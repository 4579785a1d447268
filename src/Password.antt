-- ===== src/Password.antt =====
-- src/cluster/crd.rs and src/user/crd.rs: random passwords. All characters are ASCII, so a position
-- in bytes is one in characters.
pub mod Quiet
pub mod Shape
pub mod Calm
pub mod Still
use Prim.Native.Nat.{max}
use Prim.Native.String.{[], ◌∷◌, count}
use mathlib.Core.Option
use sdb_controller.Prelude.{ℕ, zero, suc, ◌-◌, Char, Option, none, some, String}
use sdb_controller.Api.{Kube, done, M, pure, unwrap, ◌>>=◌}

abbrev pub symbols : String
symbols = "!@#$%^&*()-_=+[]{};:,.?~"

-- `SYMBOLS[i]`; `none` is the panic of an index out of bounds.
unfoldable pub char_at : String → ℕ → Option Char
char_at [] i = none
char_at (c ∷ s) zero = some c
char_at (c ∷ s) (suc i) = char_at s i

-- `s.insert(i, c)`; `none` is its panic.
unfoldable pub insert_at : String → ℕ → Char → Option String
insert_at s zero c = some (c ∷ s)
insert_at [] (suc i) c = none
insert_at (d ∷ s) (suc i) c = Option.map (λ t. d ∷ t) (insert_at s i c)

module _ ⦃K : Kube⦄ where
  unfoldable pub draw : M Char
  draw w = let (c, s) = K.alphanumeric w.state in (done c, record w { state = s })

  unfoldable pub draw_below : ℕ → M ℕ
  draw_below n w = let (i, s) = K.random_below n w.state in (done i, record w { state = s })

  unfoldable pub sample : ℕ → M String
  sample zero = pure ""
  sample (suc n) = do c ← draw; s ← sample n; pure (c ∷ s)

  -- One round of `for _ in 0..4`.
  unfoldable pub insert_symbol : String → M String
  unfolding draw_below char_at insert_at
  insert_symbol s = do
    i ← draw_below (max (count s) 1)
    j ← draw_below (count symbols)
    symbol ← unwrap (char_at symbols j)
    unwrap (insert_at s i symbol)

  unfoldable pub insert_symbols : ℕ → String → M String
  insert_symbols zero s = pure s
  insert_symbols (suc k) s = do t ← insert_symbol s; insert_symbols k t

  unfoldable pub generate_secure_password : ℕ → M String
  generate_secure_password length = do let n = max length 32; s ← sample (n - 4); insert_symbols 4 s

  -- The closure of `User::reconcile`.
  unfoldable pub generate_user_password : M String
  generate_user_password = do s ← sample 20; insert_symbols 4 s
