-- ===== src/Cluster/Objects.antt =====
-- src/cluster/crd.rs: the objects that the controller builds for a cluster. `none` is the panic of
-- `owner_ref`.
use mathlib.Core.Option
use sdb_controller.Prelude.{
  Bool, true, not, Option, none, some, get_or, String, ◌<>◌, ◌==◌, List, [], ◌∷◌, ◌++◌,
  if◌then◌else◌, insert, retain,
}
use sdb_controller.Resources.Core.{
  OwnerReference, EnvVar, ContainerPort, Probe, Container, Deployment, Service,
}
use sdb_controller.Resources.Cluster.{Cluster, cluster_kind, api_version}
use sdb_controller.Api.{Kube}

module _ ⦃K : Kube⦄ where
  unfoldable pub owner_ref : Cluster → Option OwnerReference
  owner_ref c =
      Option.map (λ (oref : OwnerReference). record oref { controller = some true })
        (K.controller_owner_ref api_version cluster_kind c.metadata)

  unfoldable pub labels : Cluster → String → List (String × String)
  labels c suffix =
      let m =
        insert "surrealdb.aexol.com/cluster" (K.name_any c.metadata)
          (insert "app.kubernetes.io/name" "surrealdb" []) in
      if suffix == "" then m else insert "surrealdb.aexol.com/name" suffix m

  unfoldable pub build_surreal_service : Cluster → String → Option Service
  unfolding owner_ref labels
  build_surreal_service c name =
      let svc_name = name <> "-surrealdb" in
      Option.map
        (λ oref. record {
          metadata = record {
            name = some svc_name;
            namespace = c.metadata.namespace;
            uid = none;
            finalizers = none;
            deletion_timestamp = none;
            labels = some (labels c svc_name);
            owner_references = some (oref ∷ []);
          };
          spec = some (record {
            selector = labels c svc_name;
            ports =
                record {
                  name = some "http";
                  port = 8000;
                  target_port = 8000;
                  protocol = some "TCP";
                }
                ∷ [];
            type_ = "ClusterIP";
          });
        })
        (owner_ref c)

  unfoldable pub env_normal : Cluster → List EnvVar
  env_normal c =
      let name = K.name_any c.metadata in
      record { name = "SURREAL_AUTH"; value = some "true"; value_from = none }
      ∷ record {
        name = "SURREAL_PATH";
        value = Option.map (λ _. "tikv://" <> name <> "-pd:2379") c.spec.tidb_cluster;
        value_from = c.spec.tikv_secret_ref;
      }
      ∷ []

  unfoldable pub env_creation : Cluster → List EnvVar
  unfolding env_normal
  env_creation c =
      retain (λ (e : EnvVar). not (e.name == "SURREAL_AUTH")) (env_normal c)
      ++ record { name = "SURREAL_UNAUTHENTICATED"; value = some "true"; value_from = none } ∷ []

  abbrev http_port : ContainerPort
  http_port = record { container_port = 8000; name = some "http"; protocol = some "TCP" }

  abbrev http_probe : Probe
  http_probe = record {
    path = "/health";
    port = 8000;
    scheme = "HTTP";
    initial_delay_seconds = 5;
    period_seconds = 10;
  }

  unfoldable pub surreal_container : Cluster → Bool → Container
  unfolding env_normal env_creation
  surreal_container c creation_mode = record {
    name = "surrealdb";
    image = some (get_or c.spec.surrealdb_image "surrealdb/surrealdb:latest");
    args = "start" ∷ "--bind" ∷ "0.0.0.0:8000" ∷ [];
    env = if creation_mode then env_creation c else env_normal c;
    ports = http_port ∷ [];
    readiness_probe = some http_probe;
    liveness_probe = some http_probe;
  }

  unfoldable pub build_surreal_deployment : Cluster → String → Bool → Option Deployment
  unfolding owner_ref labels surreal_container
  build_surreal_deployment c name creation_mode =
      let deploy_name = name <> "-surrealdb" in
      Option.map
        (λ oref. record {
          metadata = record {
            name = some deploy_name;
            namespace = c.metadata.namespace;
            uid = none;
            finalizers = none;
            deletion_timestamp = none;
            labels = some (labels c deploy_name);
            owner_references = some (oref ∷ []);
          };
          spec = some (record {
            replicas = some (get_or c.spec.replicas 1);
            match_labels = labels c deploy_name;
            template = record {
              labels = labels c deploy_name;
              containers = surreal_container c creation_mode ∷ [];
            };
          });
          status = none;
        })
        (owner_ref c)
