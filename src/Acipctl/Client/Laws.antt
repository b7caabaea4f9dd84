-- ===== src/Acipctl/Client/Laws.antt =====
-- What the service makes of the requests that bin/acipctl.rs sends.
use acip_sidecar.Prelude.{
  ◌≡◌, refl, ◌∙◌, Bool, true, false, Option, none, some, if◌then◌else◌, is_empty, all, leb, ◌&&◌,
  ◌||◌, ◌==◌, not, Bool-cases, inl, inr,
}
use acip_sidecar.Text.{Text, text, text_eq, trim, ascii_lower, to_ascii_lowercase, Unicode}
use acip_sidecar.Headers.{policy_name_from_headers, allow_tools_from_headers}
use acip_sidecar.TokenAuth.{missing, token_auth_middleware}
use acip_sidecar.Acipctl.Client.{to_str, given_policy, request_headers}

-- Visible ASCII, spaces and tabs.
abbrev pub is_visible : Text → Bool
is_visible = all (λ c. (leb 32 c && leb c 126) || c == 9)

-- The policy that the service takes for a name that is given to the tool.
abbrev pub selected : Option Text → Text
selected none = text "default"
selected (some p) = if is_visible p && not (is_empty (trim p)) then trim p else text "default"

lowered : ascii_lower (text "true") ≡ text "true"
unfolding ascii_lower to_ascii_lowercase text
lowered = refl

lower_true : (u : Unicode) → u.to_lowercase (text "true") ≡ text "true"
unfolding text
lower_true u = u.to_lowercase-ascii (text "true") refl ∙ lowered

tools_authorized :
    (u : Unicode) (allow_tools : Bool) (policy : Option Text)
    → allow_tools_from_headers u (request_headers allow_tools policy) ≡ allow_tools
unfolding allow_tools_from_headers request_headers text text_eq trim
tools_authorized u true policy = rw (lower_true u) refl
tools_authorized u false policy = refl

policy_selected :
    (allow_tools : Bool) (policy : Option Text)
    → policy_name_from_headers (request_headers allow_tools policy) ≡ selected policy
unfolding policy_name_from_headers request_headers given_policy text text_eq to_str
policy_selected allow_tools none = refl
policy_selected allow_tools (some p) = elim (Bool-cases (is_visible p)) [
  | inl visible ↦ elim (Bool-cases (is_empty (trim p))) [
    | inl blank ↦ rw (visible, blank) refl
    | inr filled ↦ rw (visible, filled) refl
  ]
  | inr hidden ↦ rw hidden refl
]

-- A request that the command-line tool sends authorizes tools at the service exactly if its flag says
-- so. It selects the policy that the tool is given, trimmed, if that is visible ASCII and not blank;
-- for any other name, or none, the service takes the default policy and reports no error. The request
-- carries no token, so that a service which needs one refuses it as lacking it.
pub request_headers_lem :
    (u : Unicode) (allow_tools : Bool) (policy : Option Text) (expected : Text)
    → (allow_tools_from_headers u (request_headers allow_tools policy) ≡ allow_tools)
      × (policy_name_from_headers (request_headers allow_tools policy) ≡ selected policy)
      × (token_auth_middleware (some expected) (request_headers allow_tools policy) ≡ missing)
unfolding token_auth_middleware request_headers text text_eq
request_headers_lem u allow_tools policy expected =
    (tools_authorized u allow_tools policy, policy_selected allow_tools policy, refl)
□ □ □ □
- **Task goal**:
Starting at the line above that contains "insert_symbols (suc k)", write out each line exactly until the line that contains "generate_user_password = do" has been written, and stop there.

- **Final answer**:
  insert_symbols (suc k) s = do t ← insert_symbol s; insert_symbols k t

  unfoldable pub generate_secure_password : ℕ → M String
  generate_secure_password length = do let n = max length 32; s ← sample (n - 4); insert_symbols 4 s

  -- The closure of `User::reconcile`.
  unfoldable pub generate_user_password : M String
  generate_user_password = do s ← sample 20; insert_symbols 4 s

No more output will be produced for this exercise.